For me it's definitely eyeliner since it enhances my eyes.


----------



## MarieLisa_Smile (Aug 13, 2006)

I would say eyeliner because all eyes on me JK


----------



## sel00187 (Aug 13, 2006)

eyeliner <3 and also concealer! id be lost without it!


----------



## bellaetoile (Aug 13, 2006)

eyeliner, and eye makeup in general, really. my skin is pretty decent, and i can go out without foundation/concealer/powder, but i really don't feel right without some form of eye makeup on. i consider a "light" day to be just basic eye makeup (maybe 1 shadow color, and liner), an MSF or bronzer on my cheeks, just for some color, and regular moisturizing lipbalm.


----------



## Kim. (Aug 13, 2006)

Eyeliner and concealer.


----------



## user79 (Aug 13, 2006)

Mascara and concealer for a natural face.
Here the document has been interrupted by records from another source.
-- ===== src/Vision/Uplink.antt =====
-- crates/clash-proxynet/src/vision.rs: poll_write, which stages the caller's bytes as frames, of
-- which the first comes behind the user's identifier, until a frame begins like a TLS record of
-- application data. `left` is `write_buf[write_off..]`, and `draw n bound` what the n-th call of
-- gen_range(0..bound) draws. poll_flush and poll_shutdown are not part of it.
use rust_clash.Common.{
  ℕ, suc, ◌+◌, ◌-◌, Bool, true, false, not, ◌&&◌, ◌||◌, Option, none, some, List, [], ◌∷◌, ◌++◌,
  ltb, leb, ◌==◌, if◌then◌else◌, length, take, drop, at, replicate, be16,
}
use Prim.Native.Nat.{min}
use rust_clash.Text.{is_empty}
use rust_clash.Io.{IoError, Poll}
use rust_clash.Io.Writer.{Offer, Took, Writer}
use rust_clash.Vision.{max_frame, cmd_continue, cmd_end}

pub record VisionWrite : Type 0 where
  pub uuid_sent : Bool
  pub uplink_raw : Bool
  pub left : List ℕ
  pub write_plain : ℕ
  pub pending_end : Bool
  pub drawn : ℕ

abbrev pub new_write : VisionWrite
new_write = record {
  uuid_sent = false;
  uplink_raw = false;
  left = [];
  write_plain = 0;
  pending_end = false;
  drawn = 0;
}

abbrev pub tls_app : ℕ
tls_app = 0x17

abbrev pub uuid_over : VisionWrite → ℕ
uuid_over s = if s.uuid_sent then 0 else 16

unfoldable pub padding_len : (ℕ → ℕ → ℕ) → ℕ → ℕ → ℕ → ℕ
padding_len draw n content over =
    let padding = if ltb content 900 then draw n 500 + 900 - content else draw n 256 in
    min padding (max_frame - over - 5 - content)

unfoldable pub max_content : ℕ → ℕ
max_content over =
    let most = max_frame - (5 + over + 900) in if ltb most 1 then max_frame - 5 - over - 1 else most

module _ (draw : ℕ → ℕ → ℕ) (uuid : List ℕ) where
  unfoldable pub pad_frame : VisionWrite → List ℕ → ℕ → Option (List ℕ)
  unfolding padding_len
  pad_frame s content command =
      let over = uuid_over s in
      let padding = padding_len draw s.drawn (length content) over in
      if ltb (max_frame - (5 + over)) (length content)
      then none
      else some (
          (if s.uuid_sent then [] else uuid)
          ++ (command
              ∷ (be16 (length content) ++ (be16 padding ++ (content ++ replicate padding 0)))))

  unfoldable pub stage_uplink : VisionWrite → List ℕ → VisionWrite
  unfolding pad_frame max_content is_empty
  stage_uplink s buf =
      let chunk = take (max_content (uuid_over s)) buf in
      let command =
        if not (is_empty chunk) && at chunk 0 == tls_app then cmd_end else cmd_continue in
      elim (pad_frame s chunk command) [
        | none ↦ record s { uplink_raw = true }
        | some frame ↦ record s {
          left = frame;
          write_plain = length chunk;
          pending_end = command == cmd_end;
          drawn = suc s.drawn;
        }
      ]

  unfoldable pub finish_uplink_frame : VisionWrite → VisionWrite
  finish_uplink_frame s = record {
    uuid_sent = true;
    uplink_raw = s.uplink_raw || s.pending_end;
    left = [];
    write_plain = 0;
    pending_end = false;
    drawn = s.drawn;
  }

  unfoldable pub offer : VisionWrite → List ℕ → Offer VisionWrite
  unfolding stage_uplink is_empty
  offer s buf =
      let staged = stage_uplink s buf in
      if not (is_empty s.left)
      then Offer.put s.left s
      else if is_empty buf
      then Offer.answer (Poll.ready 0) s
      else if s.uplink_raw
      then Offer.put buf s
      else if staged.uplink_raw
      then Offer.put buf staged
      else Offer.put staged.left staged

  unfoldable pub took : VisionWrite → List ℕ → ℕ → Took VisionWrite
  unfolding finish_uplink_frame is_empty
  took s buf n =
      if is_empty s.left
      then Took.accept (Poll.ready n) s
      else if n == 0
      then Took.accept (Poll.failed IoError.write_zero) s
      else if leb (length s.left) n
      then Took.accept (Poll.ready s.write_plain) (finish_uplink_frame s)
      else Took.more (record s { left = drop n s.left })

  -- `poll_write` is `poll_out` of this writer.
  abbrev pub writer : Writer VisionWrite
  writer = record { offer = offer; took = took }
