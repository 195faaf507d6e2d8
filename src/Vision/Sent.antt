-- ===== src/Vision/Sent.antt =====
-- crates/clash-proxynet/src/vision.rs: what stands on the wire, and what of the caller's bytes it
-- carries.
use rust_clash.Common.{
  ℕ, ◌<◌, ◌≤◌, ◌≡◌, refl, sym, ◌∙◌, ap, Bool, false, List, [], ◌∷◌, ◌++◌, length, All, take,
  if◌then◌else◌,
}
use mathlib.Core.List.{append_assoc, append-nil}
use rust_clash.Vision.{cmd_end, cmd_continue, max_frame}
use rust_clash.Vision.Frames.{Frames, Ending, frame_of, wire_of, carried, IsFrame}
use rust_clash.Vision.Uplink.{VisionWrite}

pub wire_open :
    (fs : Frames) (content padding : List ℕ)
    → wire_of (fs ++ ((content, padding) ∷ [])) Ending.open_end
      ≡ wire_of fs Ending.open_end ++ frame_of cmd_continue content padding
wire_open [] content padding = append-nil (frame_of cmd_continue content padding)
wire_open ((c, p) ∷ fs) content padding =
    ap (λ w. frame_of cmd_continue c p ++ w) (wire_open fs content padding)
    ∙ sym (
        append_assoc (frame_of cmd_continue c p) (wire_of fs Ending.open_end)
          (frame_of cmd_continue content padding))

pub wire_raw :
    (fs : Frames) (content padding rest : List ℕ)
    → wire_of fs (Ending.raw_end content padding rest)
      ≡ wire_of fs Ending.open_end ++ (frame_of cmd_end content padding ++ rest)
wire_raw [] content padding rest = refl
wire_raw ((c, p) ∷ fs) content padding rest =
    ap (λ w. frame_of cmd_continue c p ++ w) (wire_raw fs content padding rest)
    ∙ sym (
        append_assoc (frame_of cmd_continue c p) (wire_of fs Ending.open_end)
          (frame_of cmd_end content padding ++ rest))

pub carried_open :
    (fs : Frames) (content padding : List ℕ)
    → carried (fs ++ ((content, padding) ∷ [])) Ending.open_end
      ≡ carried fs Ending.open_end ++ content
carried_open [] content padding = append-nil content
carried_open ((c, p) ∷ fs) content padding =
    ap (λ w. c ++ w) (carried_open fs content padding)
    ∙ sym (append_assoc c (carried fs Ending.open_end) content)

pub carried_raw :
    (fs : Frames) (content padding rest : List ℕ)
    → carried fs (Ending.raw_end content padding rest)
      ≡ carried fs Ending.open_end ++ (content ++ rest)
carried_raw [] content padding rest = refl
carried_raw ((c, p) ∷ fs) content padding rest =
    ap (λ w. c ++ w) (carried_raw fs content padding rest)
    ∙ sym (append_assoc c (carried fs Ending.open_end) (content ++ rest))

pub snoc_All :
    (fs : Frames) (f : List ℕ × List ℕ) → All IsFrame fs → IsFrame f → All IsFrame (fs ++ (f ∷ []))
snoc_All [] f all h = (h, tt)
snoc_All (g ∷ fs) f all h = (all.0, snoc_All fs f all.1 h)

-- The command of a frame.
abbrev pub command_of : Bool → ℕ
command_of last = if last then cmd_end else cmd_continue

module _ (uuid : List ℕ) where
  -- What the sent bytes are in each state.
  abbrev pub Sending : Bool → Bool → List ℕ → ℕ → Bool → List ℕ → List ℕ → List ℕ → Type 0
  Sending started free [] plain last out taken rest =
      if free
      then ((fs : Frames) × (content padding more : List ℕ) × All IsFrame fs
          × IsFrame (content, padding)
          × (out
              ≡ uuid ++ (wire_of fs Ending.open_end ++ (frame_of cmd_end content padding ++ more)))
          × (taken ≡ carried fs Ending.open_end ++ (content ++ more)))
      else if started
      then ((fs : Frames) × All IsFrame fs
          × (0 < length (wire_of fs Ending.open_end))
          × (out ≡ uuid ++ wire_of fs Ending.open_end)
          × (taken ≡ carried fs Ending.open_end))
      else (out ≡ []) × (taken ≡ [])
  Sending started free (b ∷ left) plain last out taken rest =
      (fs : Frames) × (padding : List ℕ) × All IsFrame fs
      × (free ≡ false)
      × IsFrame (take plain rest, padding)
      × (plain ≤ length rest)
      × (length (b ∷ left) ≤ max_frame)
      × (out ++ (b ∷ left)
          ≡ uuid
            ++ (wire_of fs Ending.open_end ++ frame_of (command_of last) (take plain rest) padding))
      × (taken ≡ carried fs Ending.open_end)

  abbrev pub Account : VisionWrite → List ℕ → List ℕ → List ℕ → Type 0
  Account s out taken rest =
      Sending s.uuid_sent s.uplink_raw s.left s.write_plain s.pending_end out taken rest
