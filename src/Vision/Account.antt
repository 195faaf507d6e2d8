-- ===== src/Vision/Account.antt =====
-- crates/clash-proxynet/src/vision.rs: the account of what the writer sent, in each state.
use rust_clash.Common.{
  ℕ, suc, ◌<◌, ◌≤◌, ◌≡◌, refl, sym, ◌∙◌, ap, Bool, true, false, List, [], ◌∷◌, ◌++◌, arith, length,
  length-append, All, take, if◌then◌else◌,
}
use mathlib.Core.List.{append-nil}
use rust_clash.Text.{is_empty}
use rust_clash.Vision.{cmd_end, cmd_continue, max_frame}
use rust_clash.Vision.Frames.{Frames, Ending, frame_of, wire_of, carried, IsFrame}
use rust_clash.Vision.Uplink.{VisionWrite}
use rust_clash.Vision.Sent.{wire_open, carried_open, snoc_All, command_of, Sending}

abbrev pub state : Bool → Bool → List ℕ → ℕ → Bool → ℕ → VisionWrite
state started free left plain last drawn = record {
  uuid_sent = started;
  uplink_raw = free;
  left = left;
  write_plain = plain;
  pending_end = last;
  drawn = drawn;
}

unfoldable pub cost : VisionWrite → List ℕ → ℕ
unfolding is_empty
cost s rest = if is_empty s.left then suc max_frame else length s.left

module _ (uuid : List ℕ) where
  abbrev pub Account : VisionWrite → List ℕ → List ℕ → List ℕ → Type 0
  Account s out taken rest =
      Sending uuid s.uuid_sent s.uplink_raw s.left s.write_plain s.pending_end out taken rest

  -- A whole frame is sent.
  pub finished_Account :
      (last : Bool) (fs : Frames) (out left padding content taken : List ℕ)
      → All IsFrame fs
      → IsFrame (content, padding)
      → out ++ left
        ≡ uuid ++ (wire_of fs Ending.open_end ++ frame_of (command_of last) content padding)
      → taken ≡ carried fs Ending.open_end
      → (drawn : ℕ) (after : List ℕ)
      → Account (state true last [] 0 false drawn) (out ++ left) (taken ++ content) after
  finished_Account true fs out left padding content taken all ok e t drawn after = (
    fs,
    content,
    padding,
    [],
    all,
    ok,
    e
        ∙ ap (λ w. uuid ++ (wire_of fs Ending.open_end ++ w))
            (sym (append-nil (frame_of cmd_end content padding))),
    rw (t, append-nil content) refl,
  )
  finished_Account false fs out left padding content taken all ok e t drawn after = (
    fs ++ ((content, padding) ∷ []),
    snoc_All fs (content, padding) all ok,
    omega (
      arith,
      ap length (wire_open fs content padding),
      length-append (wire_of fs Ending.open_end) (frame_of cmd_continue content padding),
    ),
    e ∙ ap (λ w. uuid ++ w) (sym (wire_open fs content padding)),
    ap (λ w. w ++ content) t ∙ sym (carried_open fs content padding),
  )

  -- A frame of which bytes are left to send.
  pub pending_Account :
      (started : Bool) (left : List ℕ) (plain : ℕ) (last : Bool) (drawn : ℕ)
      (out taken rest : List ℕ) (fs : Frames) (padding : List ℕ)
      → 0 < length left
      → All IsFrame fs
      → IsFrame (take plain rest, padding)
      → plain ≤ length rest
      → length left ≤ max_frame
      → out ++ left
        ≡ uuid
          ++ (wire_of fs Ending.open_end ++ frame_of (command_of last) (take plain rest) padding)
      → taken ≡ carried fs Ending.open_end
      → Account (state started false left plain last drawn) out taken rest
        × (cost (state started false left plain last drawn) rest ≡ length left)
  unfolding cost
  pending_Account started [] plain last drawn out taken rest fs padding pos all ok some_in bound e
        t =
      absurd (omega arith)
  pending_Account started (b ∷ left) plain last drawn out taken rest fs padding pos all ok some_in
        bound e t =
      ((fs, padding, all, refl, ok, some_in, bound, e, t), refl)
Shimpagne MSF for a special look.


----------



## d_flawless (Aug 13, 2006)

-mascara and concealer. seriously, concealer makes everything better, and mascara is the only thing (even with a s*load of eye make up on) that brings out my eyes.
-i have to say highlighter under the brow, even something very subtle like vanilla e/s (well, on my NC-25 skin) cleans up everything
-brows are big too, w/o filling mine in, they're so light!
-if we're getting technical, lipliner. lips look so much more finished and pretty with a little help


----------



## Shawna (Aug 13, 2006)

Unless I am leaving the house in an ambulance,  I would never be without my undereye concealor.  I have really nice skin, but terrible dark circles.  It is the one thing that I obsess about day in and day out.


----------



## Shimmer (Aug 13, 2006)

eyeliner and sheer apple lipgloss.


----------



## pumpkincat210 (Aug 13, 2006)

266 and brow shadow.


----------



## pumpkincat210 (Aug 13, 2006)

266 and brow shadow.


----------



## AudreyNicole (Aug 13, 2006)

Eyeliner and mascara for me.  It was so funny, the other day, I was doing my eye makeup with some new MAC colors, and had done everything up to the point of liner and mascara.  My husband walked in and said he didn't like it (even though he knew I wasn't done), but I continued on and finished anyway.  When I walked out of the bathroom, he said, "WOW, nevermind, I like it!" 
	

	
	
		
		

		
		
	


	




  Guess the liner and mascara made the look!


----------



## GalleyGirl (Aug 13, 2006)

Blush - I am a walking corpse w/out it.


----------



## giz2000 (Aug 13, 2006)

Concealer and mascara


----------



## Juneplum (Aug 13, 2006)

blot powder and mascara 
	

	
	
		
		

		
		
	


	




  blot powder so i don't look too oily, and mascara to open up my eyes. that's it


----------



## ilovexnerdsx (Aug 14, 2006)

@ your post, Shawna 
	

	
	
		
		

		
		
	


	




for me, foundation and mascara. thankfully my face hasn't been breaking out any lately (it used to ALL the time!) so i can just use some foundation to make my face look fresh. and i can do this really quickly in the car, so that saves time if i'm in a rush.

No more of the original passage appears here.